Does it get seed heads when it gets longer?

If it doesnt, chance that it's a hybrid especially if its in a subdivision build.


----------



## J_nick (Jan 28, 2017)

FATC1TY said:


> Does it get seed heads when it gets longer?
> 
> If it doesnt, chance that it's a hybrid especially if its in a subdivision build.


Hybrids still produce seeds when the conditions are right. Some less than others but the seed is sterile.


----------



## cnet24 (Jul 14, 2017)

I was researching this topic the other day and came across this article, which made me question my original thoughts on having common bermuda in my yard (I now no longer believe that to be the case). I'm in a subdivision built in the late 90s (just moved in two years ago), so I do believe now that I have some type of hybrid variety. Identifying that hybrid type is the tricky part!

http://www.walterreeves.com/lawn-care/bermuda-identification/


----------



## Bunnysarefat (May 4, 2017)

Even the same genotype will take on slightly different characteristics based on its growing evnviornment. Probably the best way to determine if it's seeded or hybrid would be to photograph an area that gets full sun and has been fertilized, if you can.

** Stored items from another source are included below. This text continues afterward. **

-- ===== src/Middleware/Redaction.antt =====
-- What sanitizeQuery and sanitizePathForLogs of src/middleware.go leave in a log line.
use mathlib.Core.List.{map}
use bincrypt.Prelude.{
  ℕ, ◌≡◌, refl, Bool, true, false, not, ◌==◌, List, [], ◌∷◌, ◌++◌, Option, none, some, Bytes, codes,
  arith, all, All, is_empty, Bool-cases, inl, inr, if◌then◌else◌,
}
use bincrypt.Text.Split.{lacks, lacks-append, split-whole, split-join}
use bincrypt.Text.{has_prefix, cons_first, split, join, cut}
use bincrypt.Base64.Identifier.{is_id_char, matches_id}
use bincrypt.Validation.{validate_paste_id}
use bincrypt.Validation.Bounds.{sanitize_string-id}
use bincrypt.Middleware.Redact.{redacted, is_sensitive, redact_part, sanitize_query, sanitize_path}

abbrev is_some_part : List Bytes → Bool
is_some_part parts = not (is_empty parts)

cons_first-lacks :
    (sep c : ℕ) (parts : List Bytes)
    → (c == sep) ≡ false
    → All (λ (part : Bytes). lacks sep part ≡ true) parts
    → (is_some_part (cons_first c parts) ≡ true)
      × All (λ (part : Bytes). lacks sep part ≡ true) (cons_first c parts)
unfolding cons_first
cons_first-lacks sep c [] other h = (refl, (ground arith, tt))
cons_first-lacks sep c (part ∷ parts) other (h, k) = (refl, (ground arith, k))

split-parts :
    (sep : ℕ) (s : Bytes)
    → (is_some_part (split sep s) ≡ true)
      × All (λ (part : Bytes). lacks sep part ≡ true) (split sep s)
unfolding split
split-parts sep [] = (refl, (refl, tt))
split-parts sep (c ∷ s) = elim (Bool-cases (c == sep)) [
  | inl same ↦ rw same (refl, (refl, (split-parts sep s).1))
  | inr other ↦ rw other (cons_first-lacks sep c (split sep s) other (split-parts sep s).1)
]

abbrev after_lacks : ℕ → Option Bytes → Bool
after_lacks sep none = true
after_lacks sep (some s) = lacks sep s

cut-lacks :
    (sep c : ℕ) (s : Bytes)
    → lacks sep s ≡ true
    → (lacks sep (cut c s).0 ≡ true) × (after_lacks sep (cut c s).1 ≡ true)
unfolding cut
cut-lacks sep c [] h = (refl, refl)
cut-lacks sep c (d ∷ s) h = (ground (arith, cut-lacks sep c s), ground (arith, cut-lacks sep c s))

cut-key : (c : ℕ) (s : Bytes) → lacks c (cut c s).0 ≡ true
unfolding cut
cut-key c [] = refl
cut-key c (d ∷ s) = ground (arith, cut-key c s)

cut-pair :
    (c : ℕ) (key value : Bytes) → lacks c key ≡ true → cut c (key ++ c ∷ value) ≡ (key, some value)
unfolding cut
cut-pair c [] value h = ground arith
cut-pair c (d ∷ key) value h = ground (arith, cut-pair c key value)

-- If the part is a pair with a sensitive key, its value is the placeholder.
abbrev pub IsRedacted : Bytes → Type 0
IsRedacted part =
    (key value : Bytes)
    → cut b'=' part ≡ (key, some value)
    → is_sensitive key ≡ true
    → value ≡ redacted

redact_part-IsRedacted : (part : Bytes) → IsRedacted (redact_part part)
unfolding redact_part
redact_part-IsRedacted part key value e h = of (cut b'=' part) refl
  where
    of : (c : Bytes × Option Bytes) → cut b'=' part ≡ c → value ≡ redacted
    of (k, none) same = ground arith
    of (k, some v) same =
        ground (arith, cut-pair b'=' k (if is_sensitive k then redacted else v), cut-key b'=' part)

redact_part-lacks : (part : Bytes) → lacks b'&' part ≡ true → lacks b'&' (redact_part part) ≡ true
unfolding redact_part
redact_part-lacks part h = of (cut b'=' part) refl
  where
    of : (c : Bytes × Option Bytes) → cut b'=' part ≡ c → lacks b'&' (redact_part part) ≡ true
    of (k, none) same = ground arith
    of (k, some v) same = ground (
      arith,
      cut-lacks b'&' b'=' part h,
      lacks-append b'&' k (b'=' ∷ (if is_sensitive k then redacted else v)),
    )

map-lacks :
    (parts : List Bytes)
    → All (λ (part : Bytes). lacks b'&' part ≡ true) parts
    → All (λ (part : Bytes). lacks b'&' part ≡ true) (map redact_part parts)
map-lacks [] h = tt
map-lacks (part ∷ parts) (h, k) = (redact_part-lacks part h, map-lacks parts k)

map-IsRedacted : (parts : List Bytes) → All IsRedacted (map redact_part parts)
map-IsRedacted [] = tt
map-IsRedacted (part ∷ parts) = (redact_part-IsRedacted part, map-IsRedacted parts)

split-join-map :
    (parts : List Bytes)
    → is_some_part parts ≡ true
    → All (λ (part : Bytes). lacks b'&' part ≡ true) parts
    → split b'&' (join b'&' (map redact_part parts)) ≡ map redact_part parts
split-join-map [] h k = cc
split-join-map (part ∷ parts) h k =
    split-join b'&' (redact_part part) (map redact_part parts) (map-lacks (part ∷ parts) k)

empty_part : split b'&' [] ≡ map redact_part (split b'&' [])
unfolding split redact_part cut
empty_part = refl

sanitized_parts :
    (query : Bytes) → split b'&' (sanitize_query query) ≡ map redact_part (split b'&' query)
unfolding sanitize_query
sanitized_parts [] = empty_part
sanitized_parts (c ∷ query) =
    let (some_part, plain) = split-parts b'&' (c ∷ query) in
    split-join-map (split b'&' (c ∷ query)) some_part plain

-- Each part of what sanitizeQuery logs, split at `&`, is redacted: if it is a pair whose key has one
-- of the sensitive words, in any case, then its value is the placeholder; and these parts are
-- those of the query, in order, each put through redact_part.
pub sanitize_query-IsRedacted :
    (query : Bytes)
    → All IsRedacted (split b'&' (sanitize_query query))
      × (split b'&' (sanitize_query query) ≡ map redact_part (split b'&' query))
sanitize_query-IsRedacted query =
    (rw (sanitized_parts query) (map-IsRedacted (split b'&' query)), sanitized_parts query)

id_lacks : (id : Bytes) → all is_id_char id ≡ true → lacks b'/' id ≡ true
unfolding is_id_char
id_lacks [] h = refl
id_lacks (c ∷ id) h = ground (arith, id_lacks id)

id_valid :
    (id : Bytes) → matches_id id ≡ true → (validate_paste_id id ≡ none) × (all is_id_char id ≡ true)
unfolding matches_id
id_valid id h = ((sanitize_string-id id h).1, ground arith)

-- For every identifier, sanitizePathForLogs turns the path of either route that has one into the
-- route with a placeholder.
pub sanitize_path-redacts :
    (id : Bytes)
    → matches_id id ≡ true
    → (sanitize_path (codes "/p/" ++ id) ≡ codes "/p/{paste_id}")
      × (sanitize_path (codes "/api/paste/" ++ id) ≡ codes "/api/paste/{paste_id}")
unfolding sanitize_path has_prefix split
sanitize_path-redacts id h =
    let (valid, plain) = id_valid id h in
    let whole = split-whole b'/' id (id_lacks id plain) in (ground arith, ground arith)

Or just the thickest patch you have. Hybrids and seeded can look similar in less than ideal conditions but the hybrid usually pulls away when they are put head to head in full sun..

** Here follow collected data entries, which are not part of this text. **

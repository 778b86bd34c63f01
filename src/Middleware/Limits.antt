-- ===== src/Middleware/Limits.antt =====
-- RateLimiter and GlobalRateLimit of src/middleware.go over the RateLimiter interface of
-- src/services/ratelimit.go, and the in-memory limiter behind it.
use bincrypt.Prelude.{
  ℕ, ◌+◌, ◌/◌, List, ◌∷◌, ◌++◌, Option, none, some, Bytes, codes, ltb, if◌then◌else◌,
}
use bincrypt.Storage.{second}
use bincrypt.RateLimit.{Floats, Entry, Decision, check_rate_limit}

-- CheckRateLimit with its error as `none`.
pub record RateLimiter (S : Type 0) : Type 0 where
  pub check : Bytes → ℕ → ℕ → S → Option Decision × S

-- The in-memory service at one instant.
abbrev pub memory_limiter : Floats → ℕ → RateLimiter (List Entry)
memory_limiter f now = record {
  check = λ key limit window buckets.
      let (d, buckets') = check_rate_limit f limit window now key buckets in (some d, buckets');
}

-- The headers X-RateLimit-Limit, X-RateLimit-Remaining, X-RateLimit-Reset and Retry-After.
pub record RateHeaders : Type 0 where
  pub limit : ℕ
  pub remaining : ℕ
  pub reset : ℕ
  pub retry_after : Option ℕ

-- Passed on, status 503, or status 429.
pub data Verdict : Type 0 where
  passed unavailable limited : Verdict

-- fmt.Sprintf("%s:%s", action, clientIP)
unfoldable pub rate_key : Bytes → Bytes → Bytes
rate_key action ip = action ++ b':' ∷ ip

abbrev pub retry_seconds : ℕ → Option ℕ
retry_seconds wait = if ltb 0 wait then some (wait / second) else none

abbrev pub minute : ℕ
minute = 60000000000

decided_headers : ℕ → Decision → RateHeaders
decided_headers limit d = record {
  limit = limit;
  remaining = d.remaining;
  reset = d.reset_at / second;
  retry_after = if d.allowed then none else retry_seconds d.retry_after;
}

-- A limiter that fails refuses.
decide : ℕ → ℕ → ℕ → Option Decision → Verdict × RateHeaders
unfolding decided_headers
decide limit window now none = (
  unavailable,
  record {
    limit = limit;
    remaining = 0;
    reset = (now + window) / second;
    retry_after = some (window / second);
  },
)
decide limit window now (some d) = (if d.allowed then passed else limited, decided_headers limit d)

-- A limiter that fails lets the request pass; the only header is Retry-After.
decide_global : Option Decision → Verdict × Option ℕ
decide_global none = (passed, none)
decide_global (some d) =
    if d.allowed then (passed, none) else (limited, retry_seconds d.retry_after)

module _ {S : Type 0} (l : RateLimiter S) where
  unfoldable pub rate_limiter : Bytes → ℕ → ℕ → ℕ → Bytes → S → (Verdict × RateHeaders) × S
  unfolding decide rate_key
  rate_limiter action limit window now ip s =
      let (d, s') = l.check (rate_key action ip) limit window s in (decide limit window now d, s')

  unfoldable pub global_rate_limit : ℕ → Bytes → S → (Verdict × Option ℕ) × S
  unfolding decide_global rate_key
  global_rate_limit requests_per_minute ip s =
      let (d, s') = l.check (rate_key (codes "global") ip) requests_per_minute minute s in
      (decide_global d, s')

Based on those pictures seems like only an expert would be able to tell. I certainly can't.

Edit: I found your other photos in another thread. Looks seeded to me, but I'd say there is a small possibility it is a hybrid if it has been neglected for a number of years.

From what I have read, Tifway 419 readily mutates and it has been grown widely for so long, there could be all kinds of interesting strains floating around. I would probably rule out anything other than 419 and lean towards seeded.

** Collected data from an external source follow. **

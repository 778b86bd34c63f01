-- ===== src/RateLimit/Bound.antt =====
-- How many requests the token bucket lets through.
use native.Mathlib.Nat.{mul-le-mul_right, le_refl}
use bincrypt.Prelude.{
  ℕ, ◌+◌, ◌-◌, ◌*◌, ◌≤◌, ◌<◌, ◌≡◌, refl, ap, ◌&&◌, List, [], ◌∷◌, Option, none, some, Bytes, arith,
  Bool-cases, inl, inr, bytes_eq, bytes_eq_iff, bytes_eq_refl, find_by, find_by-remove_by,
  if◌then◌else◌,
}
use bincrypt.RateLimit.{
  Floats, tokens_to_add, RateBucket, Entry, entry_key, new_bucket, refill, bucket_for, spend,
  check_rate_limit,
}
use bincrypt.RateLimit.Rounding.{IsRounded, accuracy, tokens_to_add-le}

-- The bucket under a key after a check, and that no other key is touched.
pub check_rate_limit-find :
    (f : Floats) (limit window now : ℕ) (key other : Bytes) (buckets : List Entry)
    → find_by entry_key other (check_rate_limit f limit window now key buckets).1 ≡ (
        if bytes_eq key other
        then some (record {
          key = key;
          bucket =
              (spend f limit window now
                (bucket_for f limit window now (find_by entry_key key buckets))).1;
        })
        else find_by entry_key other buckets)
unfolding check_rate_limit find_by
check_rate_limit-find f limit window now key other buckets =
    ground (arith, find_by-remove_by entry_key other key buckets)

pub check_rate_limit-decision :
    (f : Floats) (limit window now : ℕ) (key : Bytes) (buckets : List Entry)
    → (check_rate_limit f limit window now key buckets).0
      ≡ (spend f limit window now (bucket_for f limit window now (find_by entry_key key buckets))).0
unfolding check_rate_limit
check_rate_limit-decision f limit window now key buckets = refl

-- Up to `span`, the limiter adds at most gain / unit tokens for a nanosecond.
abbrev IsBounded : Floats → ℕ → ℕ → ℕ → ℕ → ℕ → Type 0
IsBounded f limit window gain unit span =
    (e : ℕ) → e ≤ span → tokens_to_add f e limit window * unit ≤ e * gain

-- What a bucket is worth until the instant `end`: its tokens and all that will accrue, in
-- unit-ths of a token.
abbrev worth : ℕ → ℕ → ℕ → RateBucket → ℕ
worth gain unit end b = b.tokens * unit + (end - b.last_refill) * gain

worth_grow :
    (gain unit end last now tokens added sum : ℕ)
    → last ≤ now
    → now ≤ end
    → sum ≤ tokens + added
    → added * unit ≤ (now - last) * gain
    → sum * unit + (end - now) * gain ≤ tokens * unit + (end - last) * gain
worth_grow gain unit end last now tokens added sum h k s a =
    let split : end - last ≡ (now - last) + (end - now) = omega arith in
    let scaled : (end - last) * gain ≡ (now - last) * gain + (end - now) * gain =
      omega (arith, ap (λ (t : ℕ). t * gain) split) in
    let grown : sum * unit ≤ (tokens + added) * unit = mul-le-mul_right unit s in omega arith

worth_spend :
    (gain unit end last tokens : ℕ)
    → 0 < tokens
    → (tokens - 1) * unit + (end - last) * gain + unit ≤ tokens * unit + (end - last) * gain
worth_spend gain unit end last tokens h =
    let split : tokens ≡ (tokens - 1) + 1 = omega arith in
    omega (arith, ap (λ (t : ℕ). t * unit) split)

refill-worth :
    (f : Floats) (limit window gain unit first end now : ℕ) (b : RateBucket)
    → IsBounded f limit window gain unit (end - first)
    → first ≤ b.last_refill
    → b.last_refill ≤ now
    → now ≤ end
    → (worth gain unit end (refill f limit window now b) ≤ worth gain unit end b)
      × ((refill f limit window now b).last_refill ≤ now)
      × (first ≤ (refill f limit window now b).last_refill)
unfolding refill
refill-worth f limit window gain unit first end now b exact old h k =
    let added = tokens_to_add f (now - b.last_refill) limit window in
    let bounded : added * unit ≤ (now - b.last_refill) * gain =
      exact (now - b.last_refill) (omega arith) in
    (
      ground (
        arith,
        worth_grow gain unit end b.last_refill now b.tokens added (b.tokens + added) h k,
        worth_grow gain unit end b.last_refill now b.tokens added limit h k,
        bounded,
      ),
      ground arith,
      ground arith,
    )

-- One call of CheckRateLimit.
pub record Check : Type 0 where
  pub key : Bytes
  pub limit : ℕ
  pub window : ℕ
  pub now : ℕ

-- The clock does not run back and stays within `end`, and every call for `key` has the same
-- limit and window.
abbrev pub IsRun : Bytes → ℕ → ℕ → ℕ → ℕ → List Check → Type 0
IsRun key limit window start end [] = start ≤ end
IsRun key limit window start end (c ∷ cs) =
    (start ≤ c.now)
    × (c.now ≤ end)
    × (c.key ≡ key → (c.limit ≡ limit) × (c.window ≡ window))
    × IsRun key limit window c.now end cs

module _ (f : Floats) (key : Bytes) where
  -- How many calls for `key` are allowed in a run.
  unfoldable pub admitted : List Check → List Entry → ℕ
  admitted [] buckets = 0
  admitted (c ∷ cs) buckets =
      let out = check_rate_limit f c.limit c.window c.now c.key buckets in
      (if bytes_eq c.key key && out.0.allowed then 1 else 0) + admitted cs out.1

  module _ (limit window gain unit first end : ℕ)
      (exact : IsBounded f limit window gain unit (end - first)) where
    -- What the entry of `key` is worth until `end`: a missing one counts as full at `start`.
    abbrev total : ℕ → Option Entry → ℕ
    total start none = limit * unit + (end - start) * gain
    total start (some e) = worth gain unit end e.bucket

    abbrev IsPast : ℕ → Option Entry → Type 0
    IsPast start none = first ≤ start
    IsPast start (some e) = (first ≤ e.bucket.last_refill) × (e.bucket.last_refill ≤ start)

    own_bucket :
        (start now : ℕ) (o : Option Entry)
        → start ≤ now
        → now ≤ end
        → IsPast start o
        → (worth gain unit end (bucket_for f limit window now o) ≤ total start o)
          × ((bucket_for f limit window now o).last_refill ≤ now)
          × (first ≤ (bucket_for f limit window now o).last_refill)
    unfolding bucket_for new_bucket
    own_bucket start now none h k past =
        let less : end - now ≤ end - start = omega arith in
        (omega (arith, mul-le-mul_right gain less), le_refl now, omega arith)
    own_bucket start now (some e) h k (old, past) =
        refill-worth f limit window gain unit first end now e.bucket exact old (omega arith) k

    spend-worth :
        (now : ℕ) (b : RateBucket)
        → ((if (spend f limit window now b).0.allowed then 1 else 0) * unit
              + worth gain unit end (spend f limit window now b).1
            ≤ worth gain unit end b)
          × ((spend f limit window now b).1.last_refill ≡ b.last_refill)
    unfolding spend
    spend-worth now b =
        (ground (arith, worth_spend gain unit end b.last_refill b.tokens), ground arith)

    own-step :
        (start now n : ℕ) (buckets : List Entry)
        → start ≤ now
        → now ≤ end
        → IsPast start (find_by entry_key key buckets)
        → let out = check_rate_limit f limit window now key buckets in
          (n * unit ≤ total now (find_by entry_key key out.1)
            → ((if out.0.allowed then 1 else 0) + n) * unit
              ≤ total start (find_by entry_key key buckets))
          × IsPast now (find_by entry_key key out.1)
    own-step start now n buckets h k past =
        let b = bucket_for f limit window now (find_by entry_key key buckets) in
        let (grown, before, after) =
          own_bucket start now (find_by entry_key key buckets) h k past in
        let (spent, kept) = spend-worth now b in
        rw
          (
            check_rate_limit-find f limit window now key key buckets,
            bytes_eq_refl key,
            check_rate_limit-decision f limit window now key buckets,
          )
          (λ rest. omega arith, (omega arith, omega arith))

    total-le : (start now : ℕ) (o : Option Entry) → start ≤ now → total now o ≤ total start o
    total-le start now none h =
        let less : end - now ≤ end - start = omega arith in
        omega (arith, mul-le-mul_right gain less)
    total-le start now (some e) h = omega arith

    IsPast-le : (start now : ℕ) (o : Option Entry) → start ≤ now → IsPast start o → IsPast now o
    IsPast-le start now none h past = omega arith
    IsPast-le start now (some e) h (old, past) = (old, omega arith)

    any-step :
        (k : Bytes) (l w start now n : ℕ) (buckets : List Entry)
        → (k ≡ key → (l ≡ limit) × (w ≡ window))
        → start ≤ now
        → now ≤ end
        → IsPast start (find_by entry_key key buckets)
        → let out = check_rate_limit f l w now k buckets in
          (n * unit ≤ total now (find_by entry_key key out.1)
            → ((if bytes_eq k key && out.0.allowed then 1 else 0) + n) * unit
              ≤ total start (find_by entry_key key buckets))
          × IsPast now (find_by entry_key key out.1)
    any-step k l w start now n buckets same h h' past = elim (Bool-cases (bytes_eq k key)) [
      | inl own ↦
          let named : k ≡ key = (bytes_eq_iff k key).0 own in
          let (lim, win) = same named in
          rw (named, lim, win, bytes_eq_refl key) (own-step start now n buckets h h' past)
      | inr other ↦
          rw (check_rate_limit-find f l w now k key buckets, other)
            (
              λ rest. omega (arith, total-le start now (find_by entry_key key buckets) h),
              IsPast-le start now _ h past,
            )
    ]

    admitted-le-total :
        (start : ℕ) (cs : List Check) (buckets : List Entry)
        → IsRun key limit window start end cs
        → IsPast start (find_by entry_key key buckets)
        → admitted cs buckets * unit ≤ total start (find_by entry_key key buckets)
    unfolding admitted
    admitted-le-total start [] buckets h past = omega arith
    admitted-le-total start (c ∷ cs) buckets (h, k, same, rest) past =
        let out = check_rate_limit f c.limit c.window c.now c.key buckets in
        let n = admitted cs out.1 in
        let (step, later) = any-step c.key c.limit c.window start c.now n buckets same h k past in
        step (admitted-le-total c.now cs out.1 rest later)

-- In a run of calls on one limiter that starts at `start` with no bucket for a key and ends by
-- `end`, in which the clock does not run back and every call for the key has the same limit and
-- window, the calls allowed for the key number at most
-- limit + limit * (end - start) / window * (1 + 1 / accuracy), whatever other keys are checked; if
-- each operation on doubles for this limit and window, and for elapsed times up to end - start, has
-- a finite result and a relative error of at most 1 / precision.
pub admitted-le :
    (f : Floats) (key : Bytes) (limit window start end : ℕ) (cs : List Check) (buckets : List Entry)
    → IsRounded f limit window (end - start)
    → IsRun key limit window start end cs
    → find_by entry_key key buckets ≡ none
    → admitted f key cs buckets * (window * accuracy)
      ≤ limit * (window * accuracy) + (end - start) * (limit * (accuracy + 1))
admitted-le f key limit window start end cs buckets rounded run fresh = rw fresh at (
    admitted-le-total f key limit window (limit * (accuracy + 1)) (window * accuracy) start end
      (λ e h. tokens_to_add-le f limit window (end - start) e rounded h) start cs buckets run
      (rw fresh (le_refl start)))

I'd try looking up someone at an A&M school or Oklahaoma State or University of Georgia, maybe a TA or researcher or something and reach out directly if you want to know and nobody on the thread can give you a more precise ID.


----------



## SimpleGreen29 (Aug 16, 2017)

Thanks everyone. House is in a subdivision and was built in the 90's. I will search for a better area to photograph if I can find some that's not overtaken by crabgrass. :roll:


----------



## Bunnysarefat (May 4, 2017)

SimpleGreen29 said:


> Thanks everyone. House is in a subdivision and was built in the 90's. I will search for a better area to photograph if I can find some that's not overtaken by crabgrass. :roll:


From the article cnet24 posted, this would probably be your best bet to tell. Going off my memory, I think this difference does exist and it's obvious now that it's been pointed out.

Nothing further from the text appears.